Elsa Harriet Thulin (née Sachs, born 19 January 1887 in Stockholm, died 29 March 1960 in Stockholm), was a Swedish translator.

==Biography==
Thulin went to Wallinska skolan in Stockholm and studied English, German and the Romance languages at Uppsala University, earning her bachelor's degree in 1908.

She started translating in her twenties. Her main source language was French; among the works she introduced to Swedish readers were The Plague by Albert Camus, La Symphonie pastorale by André Gide, several books by André Maurois, The Psychology of Art by André Malraux and Wagner by Guy de Pourtalès. She also translated Norwegian (Trygve Gulbranssen, Sigrid Boo), Danish (Ingrid Møller, William Heinesen) and Italian (Luigi Pirandello) authors.

She was also a journalist and debater who distinguished herself during World War II by taking a strong anti-Nazi stance. A champion of improving literary translators' working conditions, she led the formation of the Swedish Translators' Association (Svenska Översättarförbundet) in 1954 and served as its president until her death.

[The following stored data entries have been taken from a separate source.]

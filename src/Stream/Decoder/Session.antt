-- ===== src/Stream/Decoder/Session.antt =====
-- A stream over any number of calls, between two resets (src/zu_stream.c).
use zukomp.Base.{ℕ, ◌+◌, ◌-◌, ◌≤◌, ◌<◌, ◌≡◌, refl, ◌∙◌, ap, subst, sym, Option, some, arith, word}
use zukomp.Buffer.{Buffer, IsValid}
use zukomp.Types.{Status, Vtable, Process}
use zukomp.Stream.Check.{call}
use zukomp.Stream.Contract.{KeepsCursors}
use zukomp.Stream.Decoder.{Decoder, ceiling, decoder_process, run_codec, counted, shrunk}
use zukomp.Stream.Decoder.Cap.{
  IsHonest, ceiling_enforced, process_keeps, process_cases, shrunk-IsValid,
}

module _ {S : Type 0} where
  -- `Session d e n`: from the handle `d`, calls with whatever valid buffers and flush modes lead to the
  -- handle `e`, and have delivered `n` bytes in all. No reset is among them.
  pub data Session (d : Decoder S) : Decoder S → ℕ → Type 0 where
    begin : Session d d 0
    calls :
        {e f : Decoder S} {n m : ℕ}
        → Session d e n
        → (buf : Buffer) (flush : ℕ) → IsValid buf
        → f ≡ (decoder_process e buf flush).1
        → m ≡ n + ((decoder_process e buf flush).2.dst_pos - buf.dst_pos)
        → Session d f m

  pub record Within (d e : Decoder S) (limit n : ℕ) : Type 0 where
    pub opts : e.opts ≡ d.opts
    pub vtable : e.vtable ≡ d.vtable
    pub counted : e.total_out ≡ n
    pub below : n ≤ limit

  -- For a handle that has delivered nothing, with a ceiling of 64 bits and a codec that keeps the
  -- cursor contract: however a caller cuts the stream into calls on valid buffers, and whatever
  -- each call answers, the bytes delivered over one stream, that is without a reset, are at most
  -- the ceiling, and the handle's counter is their number.
  pub total_capped :
      (d : Decoder S) (limit : ℕ) (over : Status) {e : Decoder S} {n : ℕ}
      → IsHonest d
      → ceiling d.opts ≡ some (limit, over)
      → limit < word
      → d.total_out ≡ 0
      → Session d e n
      → Within d e limit n
  total_capped d limit over k c lt z begin = record {
    opts = refl;
    vtable = refl;
    counted = z;
    below = omega arith;
  }
  total_capped d limit over k c lt z (calls {e} {f} {n} {m} s buf flush v ef em) =
      let ih = total_capped d limit over k c lt z s in
      let keeps = process_keeps e buf flush in
      let honest : IsHonest e =
        subst (λ (t : Vtable S). KeepsCursors (call t.decoder_process)) (sym ih.vtable) k in
      let capped =
        ceiling_enforced e buf flush limit over honest v (ap ceiling ih.opts ∙ c) lt
          (omega (arith, ih.counted, ih.below)) in
      record {
        opts = ap (λ (t : Decoder S). t.opts) ef ∙ keeps.0 ∙ ih.opts;
        vtable = ap (λ (t : Decoder S). t.vtable) ef ∙ keeps.1 ∙ ih.vtable;
        counted = omega (arith, ap (λ (t : Decoder S). t.total_out) ef, capped.1, ih.counted);
        below = omega (arith, capped.1, capped.2, ih.counted);
      }

  -- A condition on the codec's state that a call over a valid buffer keeps.
  pub record KeepsState (p : Process S) (Fine : Option S → Type 0) : Type 0 where
    pub at : (s : Option S) (b : Buffer) (flush : ℕ) → Fine s → IsValid b → Fine (p s b flush).1

  run_codec-Fine :
      (Fine : Option S → Type 0) (d : Decoder S) (b : Buffer) (flush : ℕ)
      → KeepsState (call d.vtable.decoder_process) Fine
      → Fine d.state
      → IsValid b
      → Fine (run_codec d b flush).1.state
  unfolding run_codec counted
  run_codec-Fine Fine d b flush k h v = k.at d.state (shrunk d b) flush h (shrunk-IsValid d b v)

  -- The codec's state in every handle that calls can lead to.
  pub state_kept :
      (Fine : Option S → Type 0) (d : Decoder S) {e : Decoder S} {n : ℕ}
      → KeepsState (call d.vtable.decoder_process) Fine
      → Fine d.state
      → Session d e n
      → (e.vtable ≡ d.vtable) × Fine e.state
  state_kept Fine d k h begin = (refl, h)
  state_kept Fine d k h (calls {e} {f} {n} {m} s b flush v ef em) =
      let (same, fine) = state_kept Fine d k h s in
      let k' = subst (λ (t : Vtable S). KeepsState (call t.decoder_process) Fine) (sym same) k in
      let keeps = process_keeps e b flush in
      (
        ap (λ (t : Decoder S). t.vtable) ef ∙ keeps.1 ∙ same,
        subst (λ (t : Decoder S). Fine t.state) (sym ef)
            (process_cases (λ r. Fine r.1.state) e b flush (λ st. fine)
              (run_codec-Fine Fine e b flush k' fine v)),
      )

Thulin received the Swedish Academy Translation Award in 1956 but also gave her name to a prize herself, the Elsa Thulin Prize for literary translators, established in 1960. For her contribution to popularizing French culture in Sweden, Thulin was awarded the Ordre des Palmes Académiques and the Legion of Honour. The French daily newspaper Le Figaro paid tribute in an obituary after her death.

Elsa Thulin married John Thulin in 1910; they had two children: Ebba, born 1911, and Lars, born 1913.